CAM2Former: Fusion of Camera-specific Class Activation Map matters for occluded person re-identification

Abstract

Occluded person re-identification (ReID) is challenging since persons are frequently perturbed by various occlusions. Existing mainstream schemes prioritize the alignment of fine-grained body parts by error-prone computation-intensive information, which might come with high estimation error and much computation. To this end, we present the CAMemra-specific Class Activation Map (${\text{CAM}}^2$), designed to identify critical foreground components with interpretability and computational efficiency. Expanding on this foundation, we launched the ${\text{CAM}}^2$-guided Vision Transformer, which is termed ${\text{CAM}}^2$Former, with three core designs.

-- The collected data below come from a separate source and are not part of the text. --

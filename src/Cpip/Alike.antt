-- ===== src/Cpip/Alike.antt =====
-- The rate limit of the middleware of backend/cpip_provider.py against the limiter of
-- backend/rate_limiter.py: two implementations of one sliding window.
use minima_pi_net_os.Prelude.{
  text_eq, ℕ, ◌≤◌, ◌≡◌, refl, sym, ap, ap₂, ◌∙◌, String, Bool, true, false, List, [], ◌∷◌, ◌++◌,
  length, keep, arith, leb, ◌==◌, Bool-cases, inl, inr, if◌then◌else◌,
}
use minima_pi_net_os.Dict.{put, get-put}
use minima_pi_net_os.Dict.Distinct.{IsDistinct, IsDistinct-put}
use minima_pi_net_os.RateLimiter.{RateLimiter, init, live, timestamps, prune, check}
use minima_pi_net_os.RateLimiter.Trace.{Request, IsMonotone}
use minima_pi_net_os.RateLimiter.Prune.{prune-IsDistinct, timestamps-prune}
use minima_pi_net_os.Cpip.Middleware.{Limits, window, RateCounts, check_rate_limit}

-- The answers to a sequence of requests.
unfoldable pub answers : RateLimiter → List Request → List Bool
answers l [] = []
answers l ((key, now) ∷ rest) =
    let (admitted, after) = check l key now in admitted ∷ answers after rest

unfoldable pub middleware_answers : Limits → RateCounts → List Request → List Bool
middleware_answers l c [] = []
middleware_answers l c ((key, now) ∷ rest) =
    let (admitted, after) = check_rate_limit l key now c in
    admitted ∷ middleware_answers l after rest

-- What two tables show from the time `n` on is the same.
abbrev Shows : ℕ → ℕ → RateCounts → RateCounts → Type 0
Shows w n d c =
    (k : String) (m : ℕ)
    → n ≤ m
    → keep (live w m) (timestamps k d) ≡ keep (live w m) (timestamps k c)

timestamps-put :
    (key k : String) (ts : List ℕ) (d : RateCounts)
    → timestamps k (put key ts d) ≡ (if key == k then ts else timestamps k d)
timestamps-put key k ts d = ground (arith, get-put key k ts d)

module _ (w : ℕ) (key : String) (n now : ℕ) (d c : RateCounts) (shows : Shows w n d c)
    (le : n ≤ now) where
  abbrev recent : RateCounts → List ℕ
  recent e = keep (live w now) (timestamps key e)

  same_recent : recent d ≡ recent c
  same_recent = shows key now le

  put-Shows : (xs ys : List ℕ) → xs ≡ ys → Shows w now (put key xs d) (put key ys c)
  put-Shows xs ys same k m le' = elim (Bool-cases (key == k)) [
    | inl this ↦
        rw (timestamps-put key k xs d, timestamps-put key k ys c, this) (ap (keep (live w m)) same)
    | inr other ↦
        rw (timestamps-put key k xs d, timestamps-put key k ys c, other) (shows k m (omega arith))
  ]

  pruned-Shows :
      (xs ys : List ℕ)
      → xs ≡ ys
      → IsDistinct d
      → Shows w now (prune w now (put key xs d)) (put key ys c)
  pruned-Shows xs ys same distinct k m le' =
      timestamps-prune w now (put key xs d) k (IsDistinct-put key xs d distinct) m le'
      ∙ put-Shows xs ys same k m le'

abbrev limiter : Limits → RateCounts → RateLimiter
limiter l e = record { max_requests = l.rate_limit; window_seconds = window l; requests = e }

module _ (l : Limits) (c : RateCounts) (d : RateCounts) (key : String) (n now : ℕ) (le : n ≤ now)
    (distinct : IsDistinct d) (shows : Shows (window l) n d c) where
  step :
      ((check (limiter l d) key now).0 ≡ (check_rate_limit l key now c).0)
      × IsDistinct (check (limiter l d) key now).1.requests
      × Shows
          (window l)
          now
          (check (limiter l d) key now).1.requests
          (check_rate_limit l key now c).1
      × ((check (limiter l d) key now).1 ≡ limiter l (check (limiter l d) key now).1.requests)
  unfolding check check_rate_limit
  step =
      let w = window l in
      let same = same_recent w key n now d c shows le in
      elim (Bool-cases (leb l.rate_limit (length (recent w key n now d c shows le d)))) [
        | inl full ↦
            let full' : leb l.rate_limit (length (keep (live w now) (timestamps key c))) ≡ true =
              rw same at full in
            rw (full, full')
              (
                refl,
                IsDistinct-put key _ d distinct,
                put-Shows w key n now d c shows le _ _ same,
                refl,
              )
        | inr room ↦
            let room' : leb l.rate_limit (length (keep (live w now) (timestamps key c))) ≡ false =
              rw same at room in
            rw (room, room')
              (
                refl,
                prune-IsDistinct w now _ (IsDistinct-put key _ d distinct),
                pruned-Shows w key n now d c shows le _ _ (ap (λ xs. xs ++ now ∷ []) same) distinct,
                refl,
              )
      ]

answers_from :
    (l : Limits) (requests : List Request) (d c : RateCounts) (n : ℕ)
    → IsDistinct d
    → Shows (window l) n d c
    → IsMonotone n requests
    → answers (limiter l d) requests ≡ middleware_answers l c requests
unfolding answers middleware_answers
answers_from l [] d c n distinct shows ordered = refl
answers_from l ((key, now) ∷ rest) d c n distinct shows ordered =
    let (same, distinct', shows', whole) = step l c d key n now ordered.0 distinct shows in
    let after = (check (limiter l d) key now).1.requests in
    ap₂ (λ b bs. b ∷ bs) same
      (ap (λ r. answers r rest) whole
        ∙ answers_from l rest after (check_rate_limit l key now c).1 now distinct' shows' ordered.1)

-- On every sequence of requests at times that do not decrease, the middleware's rate limit, which
-- never prunes its table, answers as the limiter of backend/rate_limiter.py does with the same limit
-- and window.
pub check_rate_limit-alike :
    (l : Limits) (requests : List Request)
    → IsMonotone 0 requests
    → middleware_answers l [] requests ≡ answers (init l.rate_limit (window l)) requests
check_rate_limit-alike l requests ordered =
    sym (answers_from l requests [] [] 0 tt (λ k m le. refl) ordered)
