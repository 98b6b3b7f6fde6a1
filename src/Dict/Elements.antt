-- ===== src/Dict/Elements.antt =====
-- The entries of a dictionary as the elements of a list.
use minima_pi_net_os.Prelude.{
  ℕ, zero, suc, ◌<◌, ◌≡◌, refl, ap, ap₂, sym, inl, inr, true, some, [], ◌∷◌, length, take, arith,
  Equality, ◌==◌, beq_iff, Bool-cases,
}
use minima_pi_net_os.Prelude.Sorting.{Elem, here, there}
use minima_pi_net_os.Dict.{Dict, keys, get, has, remove, length-remove-lt}
use minima_pi_net_os.Dict.Distinct.{IsDistinct, mem, remove_all, length-remove_all-le}

module _ {ℓ κ} {K : Type ℓ} {V : Type κ} ⦃e : Equality K⦄ where
  pub get-Elem : (k : K) {v : V} (d : Dict K V) → get k d ≡ some v → Elem (k, v) d
  unfolding get
  get-Elem k [] at = absurd (cc)
  get-Elem k {v} ((j, w) ∷ d) at = elim (Bool-cases (j == k)) [
    | inl same ↦
        let key : k ≡ j = sym ((beq_iff j k).0 same) in
        let value : some v ≡ some w = sym (rw same at at) in
        let same_value : v ≡ w = cc in here (ap₂ (λ a b. (a, b)) key same_value)
    | inr other ↦ there (get-Elem k d (rw other at at))
  ]

  pub has_of_Elem : (k : K) {v : V} (d : Dict K V) → Elem (k, v) d → has k d ≡ true
  unfolding has get
  has_of_Elem k [] m = elim m [ ]
  has_of_Elem k ((j, w) ∷ d) (here p) = ground (arith, beq_iff j k, ap (λ x. x.0) p)
  has_of_Elem k ((j, w) ∷ d) (there m) = ground (arith, has_of_Elem k d m)

  pub get_of_Elem : (k : K) {v : V} (d : Dict K V) → IsDistinct d → Elem (k, v) d → get k d ≡ some v
  unfolding get
  get_of_Elem k [] h m = elim m [ ]
  get_of_Elem k ((j, w) ∷ d) h (here p) =
      ground (arith, beq_iff j k, ap (λ x. x.0) p, ap (λ x. x.1) p)
  get_of_Elem k ((j, w) ∷ d) h (there m) = elim (Bool-cases (j == k)) [
    | inl same ↦ ground (arith, beq_iff j k, has_of_Elem k d m)
    | inr other ↦ rw other (get_of_Elem k d h.1 m)
  ]

  pub mem_of_Elem : (k : K) {v : V} (d : Dict K V) → Elem (k, v) d → mem k (keys d) ≡ true
  unfolding mem
  mem_of_Elem k [] m = elim m [ ]
  mem_of_Elem k ((j, w) ∷ d) (here p) = ground (arith, beq_iff j k, ap (λ x. x.0) p)
  mem_of_Elem k ((j, w) ∷ d) (there m) = ground (arith, mem_of_Elem k d m)

  pub mem-Elem : (k : K) (d : Dict K V) → mem k (keys d) ≡ true → (v : V) × Elem (k, v) d
  unfolding mem
  mem-Elem k [] m = absurd (cc)
  mem-Elem k ((j, w) ∷ d) m = elim (Bool-cases (j == k)) [
    | inl same ↦ (w, here (ap (λ i. (i, w)) (sym ((beq_iff j k).0 same))))
    | inr other ↦ let (v, at) = mem-Elem k d (rw other at m) in (v, there at)
  ]

  -- To remove the keys of a cut that is not empty makes the dictionary smaller.
  pub length-remove_all-lt :
      (n : ℕ) (xs d : Dict K V)
      → 0 < n
      → 0 < length xs
      → ((x : K × V) → Elem x xs → Elem x d)
      → length (remove_all (keys (take n xs)) d) < length d
  unfolding take remove_all
  length-remove_all-lt zero xs d h h' sub = absurd (omega arith)
  length-remove_all-lt (suc n) [] d h h' sub = absurd (omega arith)
  length-remove_all-lt (suc n) ((k, v) ∷ xs) d h h' sub =
      let there_is : has k d ≡ true = has_of_Elem k d (sub (k, v) (here refl)) in
      omega
        (arith, length-remove-lt k d there_is, length-remove_all-le (keys (take n xs)) (remove k d))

First, we develop Fusion of CAMmera-specific Class Activation Map, termed ${\text{CAM}}^2$Fusion, which consists of positive and negative ${\text{CAM}}^2$ that operate in synergy to capture visual patterns representative of the discriminative foreground components. Second, to enhance the representation ability of pivotal foreground components, we introduce a ${\text{CAM}}^2$Fusion-attention mechanism. This strategy imposes sparse attention weights on identity-agnostic interference discerned by positive and negative ${\text{CAM}}^2$. Third, since the enhancement of foreground representations in ${\text{CAM}}^2$Former depends on camera-specific classifiers, which are not available during inference, we introduce a consistent learning scheme. This design ensures that representations derived from vanilla ViT align consistently with those obtained via ${\text{CAM}}^2$Former. This facilitates the extraction of discriminative foreground representations, circumventing ${\text{CAM}}^2$ dependencies during inference without additional complexity. Extensive experimental results demonstrate that the proposed method achieves state-of-the-art performance on two occluded datasets (Occluded-Duke and Occluded-REID) and two holistic datasets (Market1501 and MSMT17), achieving an R1 of 74.4% and a mAP of 64.8% on Occluded-Dukes.